Recorded data
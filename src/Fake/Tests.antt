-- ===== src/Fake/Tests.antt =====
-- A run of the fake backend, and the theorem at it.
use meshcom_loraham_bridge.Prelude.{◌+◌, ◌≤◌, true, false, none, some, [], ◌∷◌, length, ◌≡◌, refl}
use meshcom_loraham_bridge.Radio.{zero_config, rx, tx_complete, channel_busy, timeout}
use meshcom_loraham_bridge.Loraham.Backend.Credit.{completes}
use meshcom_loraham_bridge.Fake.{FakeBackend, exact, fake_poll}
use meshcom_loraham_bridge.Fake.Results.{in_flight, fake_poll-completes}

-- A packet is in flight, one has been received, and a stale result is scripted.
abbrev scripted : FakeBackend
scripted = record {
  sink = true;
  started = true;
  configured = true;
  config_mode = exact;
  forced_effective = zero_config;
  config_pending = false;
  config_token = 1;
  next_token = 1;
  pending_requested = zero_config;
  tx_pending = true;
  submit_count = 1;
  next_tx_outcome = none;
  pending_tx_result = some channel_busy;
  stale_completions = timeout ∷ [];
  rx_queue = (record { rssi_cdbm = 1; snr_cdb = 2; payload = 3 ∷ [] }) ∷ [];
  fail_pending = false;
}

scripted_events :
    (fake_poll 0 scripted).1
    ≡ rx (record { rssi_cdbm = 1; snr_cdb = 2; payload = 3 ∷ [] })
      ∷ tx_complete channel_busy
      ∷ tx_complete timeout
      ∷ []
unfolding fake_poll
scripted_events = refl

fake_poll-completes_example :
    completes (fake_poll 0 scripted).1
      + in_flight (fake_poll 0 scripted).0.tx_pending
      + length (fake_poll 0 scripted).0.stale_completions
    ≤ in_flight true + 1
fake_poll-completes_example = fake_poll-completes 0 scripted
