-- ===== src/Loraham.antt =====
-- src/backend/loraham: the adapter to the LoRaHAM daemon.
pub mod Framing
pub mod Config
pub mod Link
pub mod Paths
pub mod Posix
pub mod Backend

---

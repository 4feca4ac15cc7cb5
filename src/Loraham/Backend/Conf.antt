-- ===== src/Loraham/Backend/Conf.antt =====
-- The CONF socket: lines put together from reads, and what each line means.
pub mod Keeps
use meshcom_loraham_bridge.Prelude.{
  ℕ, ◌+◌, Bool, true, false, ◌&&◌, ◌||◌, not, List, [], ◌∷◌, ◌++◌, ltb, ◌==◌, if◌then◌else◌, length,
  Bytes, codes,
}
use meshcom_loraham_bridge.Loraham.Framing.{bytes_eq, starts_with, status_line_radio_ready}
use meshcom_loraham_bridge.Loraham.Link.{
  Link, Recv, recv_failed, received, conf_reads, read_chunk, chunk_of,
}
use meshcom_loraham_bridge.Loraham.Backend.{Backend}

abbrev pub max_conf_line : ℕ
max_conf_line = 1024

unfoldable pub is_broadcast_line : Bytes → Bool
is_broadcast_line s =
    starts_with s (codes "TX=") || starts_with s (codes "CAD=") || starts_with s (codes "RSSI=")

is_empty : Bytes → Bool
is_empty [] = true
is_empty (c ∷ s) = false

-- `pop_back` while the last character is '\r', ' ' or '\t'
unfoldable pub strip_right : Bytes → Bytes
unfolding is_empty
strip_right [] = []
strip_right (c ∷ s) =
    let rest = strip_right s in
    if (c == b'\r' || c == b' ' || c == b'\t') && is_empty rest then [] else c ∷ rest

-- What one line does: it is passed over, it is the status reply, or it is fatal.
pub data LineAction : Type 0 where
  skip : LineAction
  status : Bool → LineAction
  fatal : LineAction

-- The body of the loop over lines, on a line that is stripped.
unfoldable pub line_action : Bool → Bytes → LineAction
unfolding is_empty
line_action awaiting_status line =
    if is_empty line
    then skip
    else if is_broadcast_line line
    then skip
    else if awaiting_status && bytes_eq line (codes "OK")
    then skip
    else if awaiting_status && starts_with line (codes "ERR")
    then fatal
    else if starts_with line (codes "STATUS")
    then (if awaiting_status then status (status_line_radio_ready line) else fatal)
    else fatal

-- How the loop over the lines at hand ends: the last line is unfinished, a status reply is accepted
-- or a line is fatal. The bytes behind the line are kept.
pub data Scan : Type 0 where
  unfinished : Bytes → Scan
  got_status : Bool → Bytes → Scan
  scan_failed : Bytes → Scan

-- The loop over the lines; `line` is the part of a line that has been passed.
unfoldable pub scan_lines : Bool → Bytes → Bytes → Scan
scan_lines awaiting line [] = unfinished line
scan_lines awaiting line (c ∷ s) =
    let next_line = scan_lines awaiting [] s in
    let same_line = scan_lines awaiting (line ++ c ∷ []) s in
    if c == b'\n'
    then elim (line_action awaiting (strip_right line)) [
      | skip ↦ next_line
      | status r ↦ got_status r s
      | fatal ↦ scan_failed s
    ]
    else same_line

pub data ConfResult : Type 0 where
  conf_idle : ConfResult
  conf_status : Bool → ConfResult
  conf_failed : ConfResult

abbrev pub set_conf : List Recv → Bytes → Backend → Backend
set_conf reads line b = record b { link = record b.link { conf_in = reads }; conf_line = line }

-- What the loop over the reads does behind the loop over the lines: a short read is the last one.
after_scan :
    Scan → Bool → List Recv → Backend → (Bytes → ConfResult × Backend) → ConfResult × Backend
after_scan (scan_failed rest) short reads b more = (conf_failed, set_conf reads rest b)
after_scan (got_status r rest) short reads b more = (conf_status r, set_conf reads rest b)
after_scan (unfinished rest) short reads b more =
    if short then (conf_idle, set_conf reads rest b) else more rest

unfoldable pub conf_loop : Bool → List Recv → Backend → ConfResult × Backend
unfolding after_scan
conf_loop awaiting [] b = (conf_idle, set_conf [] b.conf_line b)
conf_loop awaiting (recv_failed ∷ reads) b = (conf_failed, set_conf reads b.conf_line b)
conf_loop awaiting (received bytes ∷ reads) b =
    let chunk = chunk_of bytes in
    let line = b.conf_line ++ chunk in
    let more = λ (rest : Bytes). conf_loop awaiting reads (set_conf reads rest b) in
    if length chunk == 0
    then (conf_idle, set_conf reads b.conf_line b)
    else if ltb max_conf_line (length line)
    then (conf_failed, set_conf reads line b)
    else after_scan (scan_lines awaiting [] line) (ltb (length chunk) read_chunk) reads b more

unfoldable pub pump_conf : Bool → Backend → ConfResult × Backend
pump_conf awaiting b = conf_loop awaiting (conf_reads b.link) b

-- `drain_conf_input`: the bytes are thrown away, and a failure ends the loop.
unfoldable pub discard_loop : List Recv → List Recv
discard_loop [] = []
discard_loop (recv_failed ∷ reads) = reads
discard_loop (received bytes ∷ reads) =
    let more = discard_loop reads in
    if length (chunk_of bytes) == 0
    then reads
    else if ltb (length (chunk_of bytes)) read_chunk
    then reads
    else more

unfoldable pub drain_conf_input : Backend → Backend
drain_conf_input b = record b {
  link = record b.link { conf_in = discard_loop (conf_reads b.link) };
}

Required work
Could you retype exactly the lines above, starting at the line that contains "pub mod Link" and ending at the line that contains "pub mod Backend", and nothing more?

Exercise response
pub mod Link
pub mod Paths
pub mod Posix
pub mod Backend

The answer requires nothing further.